Uma das empresas envolvidas, a Hubei Amarvel Biotech, anunciava abertamente em seu site a remessa desses produtos químicos para os Estados Unidos e o México. As outras três empresas são a Anhui Rencheng Technology, a Anhui Moker New Material Technology e a Hefei GSK Trade, todas envolvidas em crimes semelhantes.
Os governos devem incorporar o setor privado, especialmente as empresas farmacêuticas e os laboratórios, para fomentar a cooperação e a luta contra a lavagem de dinheiro. Os Estados Unidos dão grande ênfase às empresas chinesas que produzem precursores químicos para o fentanil, informou a Chainalysis.
Desafios
“Isso representa um desafio para as autoridades e os agentes de aplicação da lei, tanto na cadeia de tráfico de fentanil, quanto na gestão da demanda e do consumo, que são facilitados pelo uso do ciberespaço para transações com essas empresas e organizações criminosas, para obter os insumos”, declarou Gálvez.
“Se os governos da América Latina não fortalecerem suas capacidades de investigação, desmantelamento de organizações criminosas e presença física nos territórios, juntamente com a cooperação internacional, a insegurança e a violência causadas por essas organizações continuarão a ser um grande problema na região”, observou.
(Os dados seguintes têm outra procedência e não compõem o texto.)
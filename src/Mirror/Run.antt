-- ===== src/Mirror/Run.antt =====
-- (*Downloader).Run of cmd/nodeadm/sync_artifacts/sync_artifacts.go, and validateS3Bucket
use eks_hybrid.Base.{
  ℕ, ◌==◌, String, ◌<>◌, str_eq, has_infix, if◌then◌else◌, ◌≡◌, refl, Bool, true, false, not, ◌||◌,
  List, [], ◌∷◌, Err, errorf, Result, ok, err,
}
use eks_hybrid.Machine.{
  Bytes, World, Host, Exec, pure, lift, ◌>>=◌, ◌>>◌, wrapping, guard, os_write_file,
}
use eks_hybrid.Components.Ssm.{ignoring}
use eks_hybrid.Mirror.{
  ArtifactInfo, Downloader, CustomManifest, custom_manifest, collect_artifacts, s3_key,
}

-- The network, the store and the encoding, as the run uses them
pub record MirrorHost : Type 0 where
  -- NewRequestWithContext and Do: the status and the body
  pub get : String → Exec (ℕ × Bytes)
  -- Upload to a key of the bucket
  pub upload : String → Bytes → Exec Unit
  pub head_bucket : Exec Unit
  pub error_text : Err → String
  pub marshal : CustomManifest → Result Bytes

abbrev pub bucket_rule : (Err → String) → Result (Unit {0}) → Result (Unit {0})
bucket_rule text (ok _) = ok tt
bucket_rule text (err e) =
    if has_infix (text e) "NotFound"
      || (has_infix (text e) "NoSuchBucket" || has_infix (text e) "MovedPermanently")
    then err (errorf "bucket does not exist")
    else if has_infix (text e) "Forbidden" || has_infix (text e) "AccessDenied"
    then err (errorf "access denied to bucket - check your AWS credentials and bucket permissions")
    else ok tt

abbrev pub manifest_name : Downloader → String
manifest_name d =
    "manifest-" <> d.source.eks.version <> "-" <> d.arch <> "-" <> d.os <> "-" <> d.timestamp
    <> ".yaml"

module _ (h : Host) (m : MirrorHost) (d : Downloader) where
  -- validateS3Bucket
  unfoldable pub validate_bucket : Exec Unit
  validate_bucket w = let (r, w') = m.head_bucket w in (bucket_rule m.error_text r, w')

  unfoldable pub stream_to_s3 : String → String → Exec Unit
  stream_to_s3 url key = do
    (status, body) ← wrapping "making request" (m.get url)
    guard (status == 200) (errorf "HTTP status")
    wrapping "uploading to S3 using manager" (m.upload key body)

  -- syncArtifactToS3: a checksum that cannot be stored is only warned about
  unfoldable pub sync_artifact : ArtifactInfo → Exec Unit
  sync_artifact a = do
    wrapping ("streaming " <> a.name <> " to S3") (stream_to_s3 a.url (s3_key d a))
    sync_checksum (not (str_eq a.checksum_url "")) a
    where
      sync_checksum : Bool → ArtifactInfo → Exec Unit
      sync_checksum true b = ignoring (stream_to_s3 b.checksum_url (s3_key d b <> ".sha256"))
      sync_checksum false b = pure tt

  unfoldable pub sync_all : List ArtifactInfo → Exec Unit
  sync_all [] = pure tt
  sync_all (a ∷ more) = do wrapping ("sync artifact " <> a.name) (sync_artifact a); sync_all more

  unfoldable pub generate_custom_manifest : List ArtifactInfo → Exec Unit
  generate_custom_manifest artifacts = do
    b ← wrapping "marshaling manifest to YAML" (lift (m.marshal (custom_manifest d artifacts)))
    wrapping "writing manifest file" (os_write_file h (manifest_name d) b)

  -- (*Downloader).Run
  unfoldable pub run_mirror : Exec Unit
  run_mirror = do
    artifacts ← wrapping "collecting artifacts" (lift (collect_artifacts d))
    sync_all artifacts
    wrapping "generating custom manifest" (generate_custom_manifest artifacts)

  -- An error of the store's check of the bucket in which none of five words stands counts as success.
  pub validate_bucket-other_error :
      (w : World) (e : Err)
      → (m.head_bucket w).0 ≡ err e
      → has_infix (m.error_text e) "NotFound" ≡ false
      → has_infix (m.error_text e) "NoSuchBucket" ≡ false
      → has_infix (m.error_text e) "MovedPermanently" ≡ false
      → has_infix (m.error_text e) "Forbidden" ≡ false
      → has_infix (m.error_text e) "AccessDenied" ≡ false
      → (validate_bucket w).0 ≡ ok tt
  unfolding validate_bucket
  validate_bucket-other_error w e q a b c f g = rw (q, a, b, c, f, g) refl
Os mercados da rede escura são fundamentais para a distribuição global de fentanil e substâncias semelhantes, fornecendo informações valiosas sobre o tráfico de opioides com criptomoedas. A colaboração e a regulamentação internacionais são essenciais para combater esse comércio ilegal e salvaguardar a saúde e a segurança globais, destaca o estudo da Chainalysis.